▶ Exercise requirements: Filter the records for "scanned" and keep each line that has it.

▶ Input data:
=====
-- ===== src/Database/Migrator/Reads.antt =====
-- What the migrator learns from its queries, when they succeed.
use gin_di.Prelude.{
  ◌≤◌, ◌+◌, All-weaken, sym, ◌⊎◌, ◌∙◌, ap, inr, inl, has-put, Result-cases, ℕ, ◌≡◌, ◌≢◌, ◌<◌, refl,
  Option, none, some, List, [], ◌∷◌, map, Result, ok, err, arith, Text, All, has,
}
use gin_di.Database.Interface.{Database, Rows, IsTransactional, Records}
use gin_di.Database.Service
use gin_di.Database.Migrator.{
  codes, collect, name_set, applied_of, applied_migrations, batch_of, next_batch_of, next_batch,
}

pub ok-injective : {E A : Type 0} {a b : A} → ◌≡◌ {A = Result E A} (ok a) (ok b) → a ≡ b
ok-injective h = cc

pub err≢ok : {E A : Type 0} {e : E} {a : A} → ◌≢◌ {A = Result E A} (err e) (ok a)
err≢ok h = cc

-- A cursor is collected only if every scan and the iteration succeeded.
collect-eq-ok :
    {E A : Type 0} (scanning iterating : Text) (scans : List (Result E A)) (stopped : Option E)
    (as' : List A)
    → collect scanning iterating scans stopped ≡ ok as'
    → (scans ≡ map ok as') × (stopped ≡ none)
unfolding collect
collect-eq-ok scanning iterating [] none as' h = ground arith
collect-eq-ok scanning iterating [] (some e) as' h = cc
collect-eq-ok scanning iterating (err e ∷ rest) stopped as' h = cc
collect-eq-ok scanning iterating (ok a ∷ rest) stopped as' h =
    elim (Result-cases (collect scanning iterating rest stopped)) [
      | inl (bs, e) ↦
          let (front, last) = collect-eq-ok scanning iterating rest stopped bs e in
          let whole : a ∷ bs ≡ as' = ok-injective (rw e at h) in
          rw (← whole) (ap (◌∷◌ (ok a)) front, last)
      | inr (x, e) ↦ let never : err x ≡ ok as' = rw e at h in cc
    ]

has-name_set : (n : Text) (rows : Records) → has n (name_set (map (λ r. r.0) rows)) ≡ has n rows
unfolding name_set has
has-name_set n [] = refl
has-name_set n ((m, b) ∷ rows) =
    rw (has-put m n tt (name_set (map (λ r. r.0) rows)), has-name_set n rows) refl

applied_of-eq-ok :
    (d : Database) (rows : Rows d.Error Text) (applied : List (Text × Unit {0}))
    → applied_of d (ok rows) ≡ ok applied
    → (names : List Text) × (rows ≡ record { scans = map ok names; stopped = none })
      × (applied ≡ name_set names)
unfolding applied_of
applied_of-eq-ok d rows applied h =
    elim (Result-cases (
      collect (codes "scanning applied migration: ") (codes "iterating applied migrations: ")
        rows.scans rows.stopped)) [
          | inl (names, e) ↦
              let (scans, stopped) = collect-eq-ok _ _ rows.scans rows.stopped names e in
              let set : name_set names ≡ applied = ok-injective (rw (e, applied_of) at h) in
              (names, ground arith, sym set)
          | inr (x, e) ↦ let never : err x ≡ ok applied = rw (e, applied_of) at h in cc
        ]

-- The batch is one more than the first row, if the cursor has one.
batch_of-eq-ok :
    (d : Database) (scans : List (Result d.Error ℕ)) (stopped : Option d.Error) (batch : ℕ)
    → batch_of d scans stopped ≡ ok batch
    → (stopped ≡ none)
      × ((scans ≡ [])
          ⊎ ((last : ℕ) × (rest : List (Result d.Error ℕ)) × (scans ≡ ok last ∷ rest)
              × (batch ≡ last + 1)))
unfolding batch_of
batch_of-eq-ok d [] none batch h = (refl, inl refl)
batch_of-eq-ok d [] (some e) batch h = cc
batch_of-eq-ok d (err e ∷ rest) none batch h = cc
batch_of-eq-ok d (err e ∷ rest) (some x) batch h = cc
batch_of-eq-ok d (ok last ∷ rest) none batch h =
    (refl, inr (last, rest, refl, sym (ok-injective h)))
batch_of-eq-ok d (ok last ∷ rest) (some e) batch h = cc

module _ (d : Database) (laws : IsTransactional d) where
  open d use {Db, Error}
  open laws use {recorded}

  -- The names that are read are those of the rows.
  pub applied_migrations-eq-ok :
      (db : Db) (applied : List (Text × Unit {0}))
      → (applied_migrations d db).1 ≡ ok applied
      → (n : Text) → has n applied ≡ has n (recorded db)
  unfolding applied_migrations applied_of Service.read
  applied_migrations-eq-ok db applied h n = elim (Result-cases (d.select_names db)) [
    | inr (x, e) ↦ failed x e
    | inl (rows, e) ↦
        let (names, whole, set) = applied_of-eq-ok d rows applied (rw e at h) in
        let same_names = laws.names_complete db names (e ∙ ap ok whole) in
        rw (set, same_names) (has-name_set n (recorded db))
  ]
    where
      failed : (x : Error) → d.select_names db ≡ err x → has n applied ≡ has n (recorded db)
      failed x e = absurd (err≢ok (rw (e, applied_of) at h))

  -- The new batch is above every batch that is recorded.
  pub next_batch-eq-ok :
      (db : Db) (batch : ℕ) → (next_batch d db).1 ≡ ok batch → All (λ r. r.1 < batch) (recorded db)
  unfolding next_batch next_batch_of Service.read
  next_batch-eq-ok db batch h = elim (Result-cases (d.select_last_batch db)) [
    | inr (x, e) ↦ absurd (err≢ok (rw (e, next_batch_of) at h))
    | inl (rows, e) ↦
        let (stopped, scanned) = batch_of-eq-ok d rows.scans rows.stopped batch (rw e at h) in
        elim scanned [
          | inl empty ↦ absurd (laws.last_batch_row db rows e empty stopped)
          | inr (last, rest, first, above) ↦
              All-weaken (λ r. r.1 ≤ last) (λ r. r.1 < batch) (recorded db)
                (λ r le. rw above (omega arith)) (laws.last_batch_bounds db rows last rest e first)
        ]
  ]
=====
▶ Task response:
        let (stopped, scanned) = batch_of-eq-ok d rows.scans rows.stopped batch (rw e at h) in
        elim scanned [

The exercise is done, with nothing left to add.